(Supplied records begins)

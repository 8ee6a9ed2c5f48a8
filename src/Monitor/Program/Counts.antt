-- ===== src/Monitor/Program/Counts.antt =====
-- The numbers that a whole run of tools/ibs_monitor/ibs_monitor.c prints.
use amd_ibs_toolkit.Base.{ℕ, zero, suc, ◌+◌, ◌≡◌, refl, Bool, true, false, if◌then◌else◌}
use amd_ibs_toolkit.Base.{Option, none, some, List, [], ◌∷◌, ◌++◌}
use amd_ibs_toolkit.Driver.Registers.{Flavor, ibs_op, ibs_fetch}
use amd_ibs_toolkit.Driver.Device.{IbsOp, IbsFetch}
use amd_ibs_toolkit.Driver.Ioctl.{set_buffer_size, set_max_cnt, set_poll_size, ibs_enable}
use amd_ibs_toolkit.Library.State.{System, opened}
use amd_ibs_toolkit.Monitor.Arguments.{Argument, Arguments, parse_args}
use amd_ibs_toolkit.Monitor.Sampling
use amd_ibs_toolkit.Monitor.Sampling.Statistics.{Counted, Matches, sample-Counted}
use amd_ibs_toolkit.Monitor.Sampling.Descriptors.{occurs, never_fails, sample-ends}
use amd_ibs_toolkit.Library.Initialize.Descriptors.{closes}
use amd_ibs_toolkit.Monitor.Program

pair_if-Counted :
    (b : Bool) (x y : List ℕ × Sampling.Sampler)
    → Counted x.1
    → Counted y.1
    → Counted (if b then x else y).1
pair_if-Counted true x y p q = p
pair_if-Counted false x y p q = q

-- `enable_ibs_flavors` leaves the files and clears the counters, so both match.
module _ (sys : System) where
  enable_device-Counted :
      (u : Sampling.Setup) (flavor : Flavor) (cpu : ℕ) (fd : Option ℕ) (fds : List ℕ)
      (st : Sampling.Sampler)
      → Counted st
      → Counted (Sampling.enable_device sys u flavor cpu fd (fds, st)).1
  unfolding Sampling.enable_device Sampling.ask
  enable_device-Counted u flavor cpu none fds st c = c
  enable_device-Counted u flavor cpu (some fd) fds st c =
      let s1 =
        Sampling.ask sys set_buffer_size u.buffer_size fd
          (Sampling.call (opened flavor cpu fd) st) in
      let s2 =
        Sampling.ask sys set_max_cnt u.max_cnt fd
          (Sampling.ask sys set_poll_size u.poll_entries fd s1) in
      let s3 = Sampling.ask sys ibs_enable 0 fd s2 in
      pair_if-Counted (Sampling.is_zero sys (sys.ioctl s2.calls fd ibs_enable 0))
        (fds ++ (fd ∷ []), s3) (fds, s3) c c

  enable_flavor-Counted :
      (u : Sampling.Setup) (flavor : Flavor) (cpu_list : ℕ → Bool) (left cpu : ℕ) (fds : List ℕ)
      (st : Sampling.Sampler)
      → Counted st
      → Counted (Sampling.enable_flavor sys u flavor cpu_list left cpu (fds, st)).1
  unfolding Sampling.enable_flavor Sampling.enable_online
  enable_flavor-Counted u flavor cpu_list zero cpu fds st c = c
  enable_flavor-Counted u flavor cpu_list (suc left) cpu fds st c =
      let tried =
        Sampling.enable_device sys u flavor cpu (sys.open_device st.calls flavor cpu) (fds, st) in
      let next = if cpu_list cpu then tried else (fds, st) in
      enable_flavor-Counted u flavor cpu_list left (cpu + 1) next.0 next.1 (
        pair_if-Counted (cpu_list cpu) tried (fds, st)
          (enable_device-Counted u flavor cpu _ fds st c) c)

  enable_ibs_flavors-Counted :
      (op fetch : Sampling.Setup) (want_op want_fetch : Bool) (cpu_list : ℕ → Bool) (num_cpus : ℕ)
      (st : Sampling.Sampler)
      → Counted (Sampling.cleared st)
      → Counted (Sampling.enable_ibs_flavors sys op fetch want_op want_fetch cpu_list num_cpus st).1
  unfolding Sampling.enable_ibs_flavors
  enable_ibs_flavors-Counted op fetch want_op want_fetch cpu_list num_cpus st c =
      let start : List ℕ × Sampling.Sampler = ([], Sampling.cleared st) in
      let ran = Sampling.enable_flavor sys op ibs_op cpu_list num_cpus 0 start in
      let ops = if want_op then ran else start in
      let second : List ℕ × Sampling.Sampler = ([], ops.1) in
      let ops-Counted =
        pair_if-Counted want_op ran start
          (enable_flavor-Counted op ibs_op cpu_list num_cpus 0 [] (Sampling.cleared st) c) c in
      pair_if-Counted want_fetch
        (Sampling.enable_flavor sys fetch ibs_fetch cpu_list num_cpus 0 second) second
        (enable_flavor-Counted fetch ibs_fetch cpu_list num_cpus 0 [] ops.1 ops-Counted) ops-Counted

empty-Matches {ℓ κ} :
    {A : Type ℓ} (B : Type κ) (file : Option A)
    → Matches 0 (Program.empty_file {A = A} {B = B} file)
empty-Matches B none = tt
empty-Matches B (some name) = refl

new_sampler-Counted : (a : Arguments) → Counted (Sampling.cleared (Program.new_sampler a))
new_sampler-Counted a = (empty-Matches IbsOp a.opf, empty-Matches IbsFetch a.fetchf)

enable_all-Counted : (w : Program.Surroundings) (a : Arguments) → Counted (Program.enable_all w a).1
unfolding Program.enable_all
enable_all-Counted w a =
    enable_ibs_flavors-Counted w.system _ _ a.wants_op a.wants_fetch _ w.num_cpus
      (Program.new_sampler a) (new_sampler-Counted a)

monitor-Counted :
    (w : Program.Surroundings) (a : Arguments) (st : Sampling.Sampler)
    → Program.monitor w a ≡ some st
    → Counted st
unfolding Program.monitor
monitor-Counted w a st e =
    let enabled = Program.enable_all w a in
    sample-Counted w.system a.settings.buffer_size enabled.0.0 enabled.0.1 w.polls enabled.1 st
      (enable_all-Counted w a) e

-- Where the options are accepted, the headers can be written and `poll` never fails, the monitor
-- comes to its end. Each number of samples that it prints is then the number of samples in the
-- file, modulo 2 ^ 64, if that file was asked for, and each descriptor was passed to `close` as
-- often as `enable_ibs_flavors` put it into `fds`, and no more.
pub main-ends :
    (w : Program.Surroundings) (args : List Argument) (a : Arguments) (headers : Program.Headers)
    → parse_args w.cpuid w.opens args Program.no_arguments ≡ some a
    → Program.output_headers w.cpuid w.op_machine w.fetch_machine a.opf a.fetchf ≡ some headers
    → never_fails w.polls ≡ true
    → let enabled = Program.enable_all w a in
      (run : Program.Run) × (Program.main w args ≡ some run)
      × Counted run.sampler
      × ((fd : ℕ)
          → closes fd run.sampler.calls
            ≡ closes fd enabled.1.calls + occurs fd (enabled.0.0 ++ enabled.0.1))
unfolding Program.main Program.monitor Program.end_of_run
main-ends w args a headers parsed written works =
    let enabled = Program.enable_all w a in
    let size = a.settings.buffer_size in
    let ends =
      λ (fd : ℕ). sample-ends w.system fd size enabled.0.0 enabled.0.1 w.polls enabled.1 works in
    let (st, sampled, closed) = ends 0 in
    (
      Program.end_of_run w a headers st,
      simp (parsed, written, sampled) refl,
      monitor-Counted w a st sampled,
      λ fd.
          let (st', sampled', closed') = ends fd in
          let same : st' ≡ st = cc (sampled, sampled') in rw (← same) closed',
    )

(Supplied records ends)

**The problem**.
Every entry must appear in the answer, reproduced exactly.

**Answer area**.
repository 8ee6a9ed2c5f48a8
filename src/Monitor/Program/Counts.antt
-- ===== src/Monitor/Program/Counts.antt =====
-- The numbers that a whole run of tools/ibs_monitor/ibs_monitor.c prints.
use amd_ibs_toolkit.Base.{ℕ, zero, suc, ◌+◌, ◌≡◌, refl, Bool, true, false, if◌then◌else◌}
use amd_ibs_toolkit.Base.{Option, none, some, List, [], ◌∷◌, ◌++◌}
use amd_ibs_toolkit.Driver.Registers.{Flavor, ibs_op, ibs_fetch}
use amd_ibs_toolkit.Driver.Device.{IbsOp, IbsFetch}
use amd_ibs_toolkit.Driver.Ioctl.{set_buffer_size, set_max_cnt, set_poll_size, ibs_enable}
use amd_ibs_toolkit.Library.State.{System, opened}
use amd_ibs_toolkit.Monitor.Arguments.{Argument, Arguments, parse_args}
use amd_ibs_toolkit.Monitor.Sampling
use amd_ibs_toolkit.Monitor.Sampling.Statistics.{Counted, Matches, sample-Counted}
use amd_ibs_toolkit.Monitor.Sampling.Descriptors.{occurs, never_fails, sample-ends}
use amd_ibs_toolkit.Library.Initialize.Descriptors.{closes}
use amd_ibs_toolkit.Monitor.Program

pair_if-Counted :
    (b : Bool) (x y : List ℕ × Sampling.Sampler)
    → Counted x.1
    → Counted y.1
    → Counted (if b then x else y).1
pair_if-Counted true x y p q = p
pair_if-Counted false x y p q = q

-- `enable_ibs_flavors` leaves the files and clears the counters, so both match.
module _ (sys : System) where
  enable_device-Counted :
      (u : Sampling.Setup) (flavor : Flavor) (cpu : ℕ) (fd : Option ℕ) (fds : List ℕ)
      (st : Sampling.Sampler)
      → Counted st
      → Counted (Sampling.enable_device sys u flavor cpu fd (fds, st)).1
  unfolding Sampling.enable_device Sampling.ask
  enable_device-Counted u flavor cpu none fds st c = c
  enable_device-Counted u flavor cpu (some fd) fds st c =
      let s1 =
        Sampling.ask sys set_buffer_size u.buffer_size fd
          (Sampling.call (opened flavor cpu fd) st) in
      let s2 =
        Sampling.ask sys set_max_cnt u.max_cnt fd
          (Sampling.ask sys set_poll_size u.poll_entries fd s1) in
      let s3 = Sampling.ask sys ibs_enable 0 fd s2 in
      pair_if-Counted (Sampling.is_zero sys (sys.ioctl s2.calls fd ibs_enable 0))
        (fds ++ (fd ∷ []), s3) (fds, s3) c c

  enable_flavor-Counted :
      (u : Sampling.Setup) (flavor : Flavor) (cpu_list : ℕ → Bool) (left cpu : ℕ) (fds : List ℕ)
      (st : Sampling.Sampler)
      → Counted st
      → Counted (Sampling.enable_flavor sys u flavor cpu_list left cpu (fds, st)).1
  unfolding Sampling.enable_flavor Sampling.enable_online
  enable_flavor-Counted u flavor cpu_list zero cpu fds st c = c
  enable_flavor-Counted u flavor cpu_list (suc left) cpu fds st c =
      let tried =
        Sampling.enable_device sys u flavor cpu (sys.open_device st.calls flavor cpu) (fds, st) in
      let next = if cpu_list cpu then tried else (fds, st) in
      enable_flavor-Counted u flavor cpu_list left (cpu + 1) next.0 next.1 (
        pair_if-Counted (cpu_list cpu) tried (fds, st)
          (enable_device-Counted u flavor cpu _ fds st c) c)

  enable_ibs_flavors-Counted :
      (op fetch : Sampling.Setup) (want_op want_fetch : Bool) (cpu_list : ℕ → Bool) (num_cpus : ℕ)
      (st : Sampling.Sampler)
      → Counted (Sampling.cleared st)
      → Counted (Sampling.enable_ibs_flavors sys op fetch want_op want_fetch cpu_list num_cpus st).1
  unfolding Sampling.enable_ibs_flavors
  enable_ibs_flavors-Counted op fetch want_op want_fetch cpu_list num_cpus st c =
      let start : List ℕ × Sampling.Sampler = ([], Sampling.cleared st) in
      let ran = Sampling.enable_flavor sys op ibs_op cpu_list num_cpus 0 start in
      let ops = if want_op then ran else start in
      let second : List ℕ × Sampling.Sampler = ([], ops.1) in
      let ops-Counted =
        pair_if-Counted want_op ran start
          (enable_flavor-Counted op ibs_op cpu_list num_cpus 0 [] (Sampling.cleared st) c) c in
      pair_if-Counted want_fetch
        (Sampling.enable_flavor sys fetch ibs_fetch cpu_list num_cpus 0 second) second
        (enable_flavor-Counted fetch ibs_fetch cpu_list num_cpus 0 [] ops.1 ops-Counted) ops-Counted

empty-Matches {ℓ κ} :
    {A : Type ℓ} (B : Type κ) (file : Option A)
    → Matches 0 (Program.empty_file {A = A} {B = B} file)
empty-Matches B none = tt
empty-Matches B (some name) = refl

new_sampler-Counted : (a : Arguments) → Counted (Sampling.cleared (Program.new_sampler a))
new_sampler-Counted a = (empty-Matches IbsOp a.opf, empty-Matches IbsFetch a.fetchf)

enable_all-Counted : (w : Program.Surroundings) (a : Arguments) → Counted (Program.enable_all w a).1
unfolding Program.enable_all
enable_all-Counted w a =
    enable_ibs_flavors-Counted w.system _ _ a.wants_op a.wants_fetch _ w.num_cpus
      (Program.new_sampler a) (new_sampler-Counted a)

monitor-Counted :
    (w : Program.Surroundings) (a : Arguments) (st : Sampling.Sampler)
    → Program.monitor w a ≡ some st
    → Counted st
unfolding Program.monitor
monitor-Counted w a st e =
    let enabled = Program.enable_all w a in
    sample-Counted w.system a.settings.buffer_size enabled.0.0 enabled.0.1 w.polls enabled.1 st
      (enable_all-Counted w a) e

-- Where the options are accepted, the headers can be written and `poll` never fails, the monitor
-- comes to its end. Each number of samples that it prints is then the number of samples in the
-- file, modulo 2 ^ 64, if that file was asked for, and each descriptor was passed to `close` as
-- often as `enable_ibs_flavors` put it into `fds`, and no more.
pub main-ends :
    (w : Program.Surroundings) (args : List Argument) (a : Arguments) (headers : Program.Headers)
    → parse_args w.cpuid w.opens args Program.no_arguments ≡ some a
    → Program.output_headers w.cpuid w.op_machine w.fetch_machine a.opf a.fetchf ≡ some headers
    → never_fails w.polls ≡ true
    → let enabled = Program.enable_all w a in
      (run : Program.Run) × (Program.main w args ≡ some run)
      × Counted run.sampler
      × ((fd : ℕ)
          → closes fd run.sampler.calls
            ≡ closes fd enabled.1.calls + occurs fd (enabled.0.0 ++ enabled.0.1))
unfolding Program.main Program.monitor Program.end_of_run
main-ends w args a headers parsed written works =
    let enabled = Program.enable_all w a in
    let size = a.settings.buffer_size in
    let ends =
      λ (fd : ℕ). sample-ends w.system fd size enabled.0.0 enabled.0.1 w.polls enabled.1 works in
    let (st, sampled, closed) = ends 0 in
    (
      Program.end_of_run w a headers st,
      simp (parsed, written, sampled) refl,
      monitor-Counted w a st sampled,
      λ fd.
          let (st', sampled', closed') = ends fd in
          let same : st' ≡ st = cc (sampled, sampled') in rw (← same) closed',
    )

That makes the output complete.